All that should come back is the lines of the data below from the one containing "visitor is random." to the one containing "unfolding limited", inclusive, exactly as they stand.

Stored data:
# # # # # # #
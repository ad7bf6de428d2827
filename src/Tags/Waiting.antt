-- ===== src/Tags/Waiting.antt =====
-- What waits for the page, `Ag`, `Cg`, `Hg`, `Nb`, and for a script, `bb`. A function is a number.
pub mod Complete
mod Examples
use demolition_app.Base.{
  ℕ, suc, ◌+◌, ltb, Bool, true, false, not, ◌&&◌, ◌||◌, if◌then◌else◌, List, [], ◌∷◌, ◌++◌,
}

pub data ReadyState : Type 0 where
  loading interactive complete : ReadyState

abbrev pub is_complete : ReadyState → Bool
is_complete s = elim s [ complete ↦ true | _ ↦ false ]

abbrev pub is_interactive : ReadyState → Bool
is_interactive s = elim s [ interactive ↦ true | _ ↦ false ]

-- `yg`; whether `zg.push` was replaced; `zg`; the functions that a timeout calls at once, in their order;
-- those that were called; `Bg`; `Fg` and `Gg`; whether the document has `createEventObject`.
pub record Page : Type 0 where
  pub ready : Bool
  pub replaced : Bool
  pub waiting : List ℕ
  pub scheduled : List ℕ
  pub called : List ℕ
  pub tries : ℕ
  pub loaded : Bool
  pub at_load : List ℕ
  pub old_browser : Bool

-- `Ag`; the first argument is whether the event says that the state has changed.
unfoldable pub on_event : Bool → ReadyState → Page → Page
on_event is_change state p =
    let fires = not is_change || is_complete state || not p.old_browser && is_interactive state in
    let q = record p { replaced = true } in
    let r = record q { ready = true; scheduled = p.scheduled ++ p.waiting } in
    if p.ready then p else if fires then r else q

-- `zg.push`
unfoldable pub push : ℕ → Page → Page
push f p =
    if p.replaced
    then record p { scheduled = p.scheduled ++ f ∷ [] }
    else record p { waiting = p.waiting ++ f ∷ [] }

-- `Nb`
unfoldable pub when_ready : ℕ → Page → Page
unfolding push
when_ready f p = if p.ready then record p { called = p.called ++ f ∷ [] } else push f p

-- `Cg`: at most 140 times it is tried whether the page can be scrolled.
unfoldable pub poll : Bool → ReadyState → Page → Page
unfolding on_event
poll scrolls state p =
    let q = record p { tries = suc p.tries } in
    if not p.ready && ltb p.tries 140 then if scrolls then on_event false state q else q else p

-- `Hg`
unfoldable pub on_load : Page → Page
on_load p = if p.loaded then p else record p { loaded = true; scheduled = p.scheduled ++ p.at_load }

pub data Input : Type 0 where
  event : Bool → ReadyState → Input
  polled : Bool → ReadyState → Input
  asked : ℕ → Input

unfoldable pub step : Input → Page → Page
unfolding on_event poll when_ready
step (event c s) p = on_event c s p
step (polled b s) p = poll b s p
step (asked f) p = when_ready f p

unfoldable pub run : List Input → Page → Page
unfolding step
run [] p = p
run (i ∷ is) p = run is (step i p)

-- How many functions were asked to wait.
pub asked_count : List Input → ℕ
asked_count [] = 0
asked_count (event c s ∷ is) = asked_count is
asked_count (polled b s ∷ is) = asked_count is
asked_count (asked f ∷ is) = suc (asked_count is)

-- The states of a script: not there, put off, being loaded, there, and not to be had.
pub data Status : Type 0 where
  absent put_off fetching there failed : Status

-- A script of `vb`; `wb` and `bb`; the functions that were called or are called by a timeout; how often it
-- was asked for.
pub record Script : Type 0 where
  pub status : Status
  pub on_success : List ℕ
  pub on_failure : List ℕ
  pub called : List ℕ
  pub fetches : ℕ

-- The script once it is asked for.
pub ask : Script → Script
ask s = elim s.status [
  | absent ↦ record s { status = fetching; fetches = suc s.fetches }
  | put_off ↦ record s { status = there; fetches = suc s.fetches }
  | fetching ↦ s
  | there ↦ s
  | failed ↦ s
]

pub wait : ℕ → ℕ → Script → Script
wait f g s = elim s.status [
  | there ↦ record s { called = f ∷ s.called }
  | failed ↦ record s { called = g ∷ s.called }
  | fetching ↦ record s { on_success = f ∷ s.on_success; on_failure = g ∷ s.on_failure }
  | absent ↦ s
  | put_off ↦ s
]

-- `bb`, with a function for either end.
unfoldable pub load : ℕ → ℕ → Script → Script
unfolding ask wait
load f g s = wait f g (ask s)

-- The end of the fetch.
unfoldable pub on_end : Bool → Script → Script
on_end ok s = elim s.status [
  | fetching ↦
      if ok
      then record s { status = there; called = s.on_success ++ s.called }
      else record s { status = failed; called = s.on_failure ++ s.called }
  | absent ↦ s
  | put_off ↦ s
  | there ↦ s
  | failed ↦ s
]

pub data ScriptInput : Type 0 where
  wanted : ℕ → ℕ → ScriptInput
  ended : Bool → ScriptInput

unfoldable pub step_script : ScriptInput → Script → Script
unfolding load on_end
step_script (wanted f g) s = load f g s
step_script (ended ok) s = on_end ok s

unfoldable pub run_script : List ScriptInput → Script → Script
unfolding step_script
run_script [] s = s
run_script (i ∷ is) s = run_script is (step_script i s)

pub wanted_count : List ScriptInput → ℕ
wanted_count [] = 0
wanted_count (wanted f g ∷ is) = suc (wanted_count is)
wanted_count (ended ok ∷ is) = wanted_count is
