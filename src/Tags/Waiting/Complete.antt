-- ===== src/Tags/Waiting/Complete.antt =====
-- What waits is called once, and some of it too early.
use demolition_app.Base.{
  ℕ, suc, ◌+◌, ◌≡◌, refl, sym, subst, ltb, Bool, true, false, not, ◌&&◌, ◌||◌, if_cases, if_elim,
  List, [], ◌∷◌, ◌++◌, length, length-append, arith,
}
use demolition_app.Tags.Waiting.{
  ReadyState, interactive, is_complete, is_interactive, Page, on_event, push, when_ready, poll,
  Input, event, polled, asked, step, run, asked_count,
}

-- The functions of a page: those that wait are called once it is ready, the others are called already.
pub record Holds (n : ℕ) (p : Page) : Type 0 where
  pub before : p.ready ≡ false → length p.scheduled + length p.waiting + length p.called ≡ n
  pub after : p.ready ≡ true → length p.scheduled + length p.called ≡ n
  pub is_replaced : p.ready ≡ true → p.replaced ≡ true

on_event-Holds :
    (n : ℕ) (c : Bool) (s : ReadyState) (p : Page) → Holds n p → Holds n (on_event c s p)
unfolding on_event
on_event-Holds n c s p h =
    if_cases (Holds n) p.ready _ _ (λ _. h)
      (λ e.
        if_elim (Holds n) (not c || is_complete s || not p.old_browser && is_interactive s) _ _
          (record {
            before = λ f. absurd (ground (arith, f));
            after = λ _. omega (arith, h.before e, length-append p.scheduled p.waiting);
            is_replaced = λ _. refl;
          })
          (record { before = h.before; after = h.after; is_replaced = λ _. refl }))

when_ready-Holds : (n f : ℕ) (p : Page) → Holds n p → Holds (suc n) (when_ready f p)
unfolding when_ready push
when_ready-Holds n f p h =
    if_cases (Holds (suc n)) p.ready _ _
      (λ e. record {
        before = λ g. absurd (ground (arith, e, g));
        after = λ _. omega (arith, h.after e, length-append p.called (f ∷ []));
        is_replaced = h.is_replaced;
      })
      (λ e.
        if_elim (Holds (suc n)) p.replaced _ _
          (record {
            before = λ _. omega (arith, h.before e, length-append p.scheduled (f ∷ []));
            after = λ g. absurd (ground (arith, e, g));
            is_replaced = h.is_replaced;
          })
          (record {
            before = λ _. omega (arith, h.before e, length-append p.waiting (f ∷ []));
            after = λ g. absurd (ground (arith, e, g));
            is_replaced = h.is_replaced;
          }))

poll-Holds : (n : ℕ) (b : Bool) (s : ReadyState) (p : Page) → Holds n p → Holds n (poll b s p)
unfolding poll
poll-Holds n b s p h =
    let q : Page = record p { tries = suc p.tries } in
    let k : Holds n q = record {
      before = h.before;
      after = h.after;
      is_replaced = h.is_replaced;
    } in
    if_elim (Holds n) (not p.ready && ltb p.tries 140) _ _
      (if_elim (Holds n) b _ _ (on_event-Holds n false s q k) k) h

plus_zero : (n : ℕ) → n ≡ n + 0
plus_zero n = omega arith

plus_one : (n : ℕ) → suc n ≡ n + 1
plus_one n = omega arith

step-Holds :
    (i : Input) (n : ℕ) (p : Page) → Holds n p → Holds (n + asked_count (i ∷ [])) (step i p)
unfolding step asked_count
step-Holds (event c s) n p h =
    subst (λ m. Holds m (on_event c s p)) (plus_zero n) (on_event-Holds n c s p h)
step-Holds (polled b s) n p h =
    subst (λ m. Holds m (poll b s p)) (plus_zero n) (poll-Holds n b s p h)
step-Holds (asked f) n p h =
    subst (λ m. Holds m (when_ready f p)) (plus_one n) (when_ready-Holds n f p h)

asked_count-cons :
    (i : Input) (is : List Input) (n : ℕ)
    → (n + asked_count (i ∷ [])) + asked_count is ≡ n + asked_count (i ∷ is)
unfolding asked_count
asked_count-cons (event c s) is n = omega arith
asked_count-cons (polled b s) is n = omega arith
asked_count-cons (asked f) is n = omega arith

-- If the functions that were called, are scheduled or, while the page is not ready, wait are so many,
-- then after whatever events, tries and functions that come they are so many and those that came.
pub run-Holds :
    (is : List Input) (n : ℕ) (p : Page) → Holds n p → Holds (n + asked_count is) (run is p)
unfolding run asked_count
run-Holds [] n p h = subst (λ m. Holds m p) (plus_zero n) h
run-Holds (i ∷ is) n p h =
    subst (λ m. Holds m (run is (step i p))) (asked_count-cons i is n)
      (run-Holds is (n + asked_count (i ∷ [])) (step i p) (step-Holds i n p h))

on_event-early :
    (p : Page)
    → p.old_browser ≡ true
    → p.ready ≡ false
    → on_event true interactive p ≡ record p { replaced = true }
unfolding on_event
on_event-early p b r =
    let P : Page → Type 0 = λ x. x ≡ record p { replaced = true } in
    if_cases P p.ready _ _ (λ e. absurd (ground (arith, r, e)))
      (λ _.
        if_cases P (not p.old_browser && true) _ _ (λ e. absurd (ground (arith, b, e))) (λ _. refl))

-- In a browser with `createEventObject`, once the event of a page that is not ready has come, a function
-- that is to wait is scheduled at once, though the page is still not ready.
pub when_ready-early :
    (f : ℕ) (p : Page)
    → p.old_browser ≡ true
    → p.ready ≡ false
    → ((when_ready f (on_event true interactive p)).scheduled ≡ p.scheduled ++ f ∷ [])
      × ((when_ready f (on_event true interactive p)).ready ≡ false)
unfolding when_ready push
when_ready-early f p b r =
    let Early : Page → Type 0 = λ x. (x.scheduled ≡ p.scheduled ++ f ∷ []) × (x.ready ≡ false) in
    subst (λ x. Early (when_ready f x)) (sym (on_event-early p b r))
      (if_cases Early p.ready _ _ (λ e. absurd (ground (arith, r, e))) (λ _. (refl, r)))
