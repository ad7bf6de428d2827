-- ===== src/Tags/Waiting/Examples.antt =====
-- A page of an old browser, and functions that wait for it.
use demolition_app.Base.{◌+◌, ◌≡◌, ◌++◌, refl, true, false, List, [], ◌∷◌, arith}
use demolition_app.Tags.Waiting.{
  Page, interactive, complete, Input, event, polled, asked, asked_count, run, on_event, when_ready,
}
use demolition_app.Tags.Waiting.Complete.{Holds, run-Holds, when_ready-early}

abbrev page : Page
page = record {
  ready = false;
  replaced = false;
  waiting = 1 ∷ [];
  scheduled = [];
  called = [];
  tries = 0;
  loaded = false;
  at_load = [];
  old_browser = true;
}

page-Holds : Holds 1 page
page-Holds = record {
  before = λ _. refl;
  after = λ e. absurd (ground (arith, e));
  is_replaced = λ e. ground (arith, e);
}

abbrev inputs : List Input
inputs =
    asked 2
    ∷ event true interactive
    ∷ asked 3
    ∷ polled false interactive
    ∷ event true complete
    ∷ asked 4
    ∷ []

run-Holds_example : Holds (1 + asked_count inputs) (run inputs page)
run-Holds_example = run-Holds inputs 1 page page-Holds

when_ready-early_example :
    ((when_ready 2 (on_event true interactive page)).scheduled ≡ [] ++ 2 ∷ [])
    × ((when_ready 2 (on_event true interactive page)).ready ≡ false)
when_ready-early_example = when_ready-early 2 page refl refl
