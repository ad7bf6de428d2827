-- ===== src/Tracker.antt =====
-- The visits counter of the saved console page, ga.js: one module for each of its parts.
pub mod Beacon
pub mod Calls
pub mod Campaign
pub mod Choice
pub mod FieldNames
pub mod Hits
pub mod Methods
pub mod Orders
pub mod Request
pub mod Sending
pub mod Source
pub mod Tables
pub mod Visit
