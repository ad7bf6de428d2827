-- ===== src/Tracker/Visit.antt =====
-- The visitor and the visit: who it is, how many hits were sent, and the cookies that keep both.
pub mod Rate
pub mod Cookies
pub mod Dotted
mod Examples
use demolition_app.Base.{
  ℕ, suc, ◌+◌, ◌-◌, ◌*◌, ◌/◌, ltb, leb, ◌==◌, Bool, true, false, not, ◌&&◌, ◌||◌, if◌then◌else◌,
  Option, none, some, List, [], ◌∷◌,
}

-- `O`, the hash of the domain; `ab`, the time of the start; `Q`, the visitor; `Vb`, `Wb` and `Zb`, the
-- first, the last and this visit, 0 where there is none; `$b`; `cc`, the hits of the visit; `R` and `dc`,
-- the events that are left and when some were added; `Sb`, `ac`, `Ub`, `bc` and `Mc`; `hc` and `fc`.
pub record Visit : Type 0 where
  pub hash : ℕ
  pub start : ℕ
  pub visitor : Option ℕ
  pub first : ℕ
  pub last : ℕ
  pub current : ℕ
  pub count : ℕ
  pub hits : ℕ
  pub tokens : ℕ
  pub refilled : ℕ
  pub is_new : Bool
  pub begun : Bool
  pub is_unknown : Bool
  pub expired : Bool
  pub linked : Bool
  pub new_campaign : Bool
  pub campaign_visit : ℕ

-- `Hd`; the number of the visitor is random.
unfoldable pub begin_visitor : ℕ → Visit → Visit
begin_visitor visitor v = record v {
  is_new = true;
  visitor = some visitor;
  first = v.start;
  last = v.start;
  current = v.start;
  count = 1;
  begun = true;
  hits = 0;
  tokens = 10;
  refilled = v.start;
  is_unknown = false;
  expired = false;
}

-- `Id`
unfoldable pub begin_visit : Visit → Visit
begin_visit v = record v {
  last = v.current;
  current = v.start;
  count = suc v.count;
  begun = true;
  hits = 0;
  tokens = 10;
  refilled = v.start;
  expired = false;
}

pub is_none : Option ℕ → Bool
is_none none = true
is_none (some n) = false

-- `Jd`
unfoldable pub begin : ℕ → Visit → Visit
unfolding begin_visitor begin_visit is_none
begin visitor v =
    if is_none v.visitor || v.is_unknown && not v.linked
    then begin_visitor visitor v
    else if v.expired
    then begin_visit v
    else v

-- `Kd`: a new campaign begins a visit.
unfoldable pub begin_campaign : Visit → Visit
unfolding begin_visit
begin_campaign v =
    let w = begin_visit v in
    if v.new_campaign && not v.begun then record w { campaign_visit = w.count } else v

-- What a hit is of.
pub data HitType : Type 0 where
  page event var trans social feedback : HitType

abbrev pub is_event : HitType → Bool
is_event type = elim type [ event ↦ true | _ ↦ false ]

abbrev pub is_trans : HitType → Bool
is_trans type = elim type [ trans ↦ true | _ ↦ false ]

-- When events were added last, in milliseconds: `dc` is in seconds until some are.
unfoldable pub refilled_ms : Visit → ℕ
refilled_ms v = if v.refilled == v.current then 1000 * v.refilled else v.refilled

-- One event more for each second, at most ten.
unfoldable pub refill : ℕ → Visit → Visit
unfolding refilled_ms
refill now v =
    let seconds = (now - refilled_ms v) / 1000 in
    let sum = v.tokens + seconds in
    let filled = record v { refilled = now; tokens = if ltb 10 sum then 10 else sum } in
    if ltb 0 seconds then filled else v

-- `ne`: the visit, and whether the hit goes on; the events are added to also when 500 hits were sent.
unfoldable pub limited : HitType → ℕ → Visit → Visit
unfolding refill
limited type now v = if is_event type then refill now v else v

unfoldable pub passes : HitType → ℕ → Visit → Bool
unfolding limited
passes type now v =
    (is_trans type || ltb v.hits 500) && (not (is_event type) || ltb 0 (limited type now v).tokens)

-- `re`, with the one hit that is counted, and `pe`
unfoldable pub spend : HitType → Visit → Visit
spend type v = record v {
  hits = suc v.hits;
  tokens = if is_event type then v.tokens - 1 else v.tokens;
}

-- A hit, the filters `G`, `P` and `Q`.
unfoldable pub hit : HitType → ℕ → Visit → Visit
unfolding passes limited spend
hit type now v = let w = limited type now v in if passes type now v then spend type w else w

-- The hits at given times, and how many of them were sent.
unfoldable pub run : List (HitType × ℕ) → Visit → Visit
unfolding hit
run [] v = v
run ((type, now) ∷ hs) v = run hs (hit type now v)

unfoldable pub events_sent : List (HitType × ℕ) → Visit → ℕ
unfolding hit passes
events_sent [] v = 0
events_sent ((type, now) ∷ hs) v =
    let rest = events_sent hs (hit type now v) in
    if is_event type && passes type now v then suc rest else rest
# # # # # # #
**YOUR RESPONSE:**
-- `Hd`; the number of the visitor is random.
unfoldable pub begin_visitor : ℕ → Visit → Visit
begin_visitor visitor v = record v {
  is_new = true;
  visitor = some visitor;
  first = v.start;
  last = v.start;
  current = v.start;
  count = 1;
  begun = true;
  hits = 0;
  tokens = 10;
  refilled = v.start;
  is_unknown = false;
  expired = false;
}

-- `Id`
unfoldable pub begin_visit : Visit → Visit
begin_visit v = record v {
  last = v.current;
  current = v.start;
  count = suc v.count;
  begun = true;
  hits = 0;
  tokens = 10;
  refilled = v.start;
  expired = false;
}

pub is_none : Option ℕ → Bool
is_none none = true
is_none (some n) = false

-- `Jd`
unfoldable pub begin : ℕ → Visit → Visit
unfolding begin_visitor begin_visit is_none
begin visitor v =
    if is_none v.visitor || v.is_unknown && not v.linked
    then begin_visitor visitor v
    else if v.expired
    then begin_visit v
    else v

-- `Kd`: a new campaign begins a visit.
unfoldable pub begin_campaign : Visit → Visit
unfolding begin_visit
begin_campaign v =
    let w = begin_visit v in
    if v.new_campaign && not v.begun then record w { campaign_visit = w.count } else v

-- What a hit is of.
pub data HitType : Type 0 where
  page event var trans social feedback : HitType

abbrev pub is_event : HitType → Bool
is_event type = elim type [ event ↦ true | _ ↦ false ]

abbrev pub is_trans : HitType → Bool
is_trans type = elim type [ trans ↦ true | _ ↦ false ]

-- When events were added last, in milliseconds: `dc` is in seconds until some are.
unfoldable pub refilled_ms : Visit → ℕ
refilled_ms v = if v.refilled == v.current then 1000 * v.refilled else v.refilled

-- One event more for each second, at most ten.
unfoldable pub refill : ℕ → Visit → Visit
unfolding refilled_ms
refill now v =
    let seconds = (now - refilled_ms v) / 1000 in
    let sum = v.tokens + seconds in
    let filled = record v { refilled = now; tokens = if ltb 10 sum then 10 else sum } in
    if ltb 0 seconds then filled else v

-- `ne`: the visit, and whether the hit goes on; the events are added to also when 500 hits were sent.
unfoldable pub limited : HitType → ℕ → Visit → Visit
unfolding refill
limited type now v = if is_event type then refill now v else v

unfoldable pub passes : HitType → ℕ → Visit → Bool
unfolding limited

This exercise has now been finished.